───── DATASET RECORDS

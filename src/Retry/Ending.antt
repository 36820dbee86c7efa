-- ===== src/Retry/Ending.antt =====
-- Where the retry loop ends: at its bound, or where the power in the delay overflows.
use native.Mathlib.Decide.{dec_lt}
use rabbitmq_pika_adapter.Prelude.{
  ℕ, zero, suc, ◌+◌, ◌≤◌, ◌<◌, ◌≡◌, ◌≢◌, Bool, Option, none, some, arith, Bool-cases, inl, inr, ◌⊎◌,
}
use rabbitmq_pika_adapter.Outcome.{Exception, Outcome}
use rabbitmq_pika_adapter.Retry.Floats.{Seconds}
use rabbitmq_pika_adapter.Retry.{
  RetryPolicy, delay_for_attempt, asked_to_stop, sync_loop, sync_retry,
}
use rabbitmq_pika_adapter.Retry.Loop.{settle-ne-none, sync_retry-ne-none}
use rabbitmq_pika_adapter.Retry.Overflow.{delay_overflows}

-- `n` bounds the rounds: it is `max_attempts`, or without one the power overflows there.
abbrev pub EndsWithin : (s : Seconds) → RetryPolicy s → ℕ → Type 0
EndsWithin s p n =
    (p.max_attempts ≡ some n) ⊎ ((p.max_attempts ≡ none) × (s.pow p.multiplier n ≡ none))

module _ (s : Seconds) {W A : Type 0} (p : RetryPolicy s) (uniform : ℕ → s.T → s.T → s.T)
    (sleep : s.T → W → W) (func : W → Outcome A × W) (stop : Option (W → Bool)) where
  before_overflow :
      (k : ℕ)
      → p.max_attempts ≡ none
      → s.pow p.multiplier k ≡ none
      → (attempt : ℕ) (d : s.T) → attempt ≤ suc k
      → delay_for_attempt s p (attempt + 1) (uniform attempt) ≡ some d
      → attempt < suc k
  before_overflow k endless huge attempt d bound delay = elim (dec_lt attempt (suc k)) [
    | yes early ↦ early
    | no late ↦
        let over = delay_overflows s p uniform sleep func k endless huge attempt (omega arith) in
        absurd (cc)
  ]

  sync_loop-ends :
      (k : ℕ)
      → p.max_attempts ≡ none
      → s.pow p.multiplier k ≡ none
      → (fuel attempt : ℕ) (last : Option Exception) (w : W) → attempt ≤ suc k
      → suc k < attempt + fuel
      → sync_loop s p uniform sleep func stop fuel attempt last w ≢ none
  unfolding sync_loop
  sync_loop-ends k endless huge zero attempt last w bound enough = absurd (omega arith)
  sync_loop-ends k endless huge (suc fuel) attempt last w bound enough =
      elim (Bool-cases (asked_to_stop s stop w)) [
        | inl stopped ↦ rw stopped (λ e. cc)
        | inr going ↦ rw going (
            let (r, w1) = func w in
            settle-ne-none s p uniform sleep func attempt r w1 _ λ more e d delay.
              let early : attempt < suc k = before_overflow k endless huge attempt d bound delay in
              sync_loop-ends k endless huge fuel (attempt + 1) (some e) (sleep d w1) (omega arith)
                (omega arith))
      ]

  pub sync_retry_ends :
      (n : ℕ) (w : W) → EndsWithin s p n → sync_retry s p uniform sleep func stop (suc n) w ≢ none
  unfolding sync_retry
  sync_retry_ends n w (inl bounded) =
      sync_retry-ne-none s p uniform sleep func stop n (suc n) w bounded (omega arith) (omega arith)
  sync_retry_ends n w (inr (endless, huge)) =
      sync_loop-ends n endless huge (suc n) 1 none w (omega arith) (omega arith)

──────────

• **WHAT IS NEEDED**: Only the lines from the one with "sync_retry_ends n w (inr" through the end of the records above are to be copied, exactly as written.

• **COMPLETED TASK**:
  sync_retry_ends n w (inr (endless, huge)) =
      sync_loop-ends n endless huge (suc n) 1 none w (omega arith) (omega arith)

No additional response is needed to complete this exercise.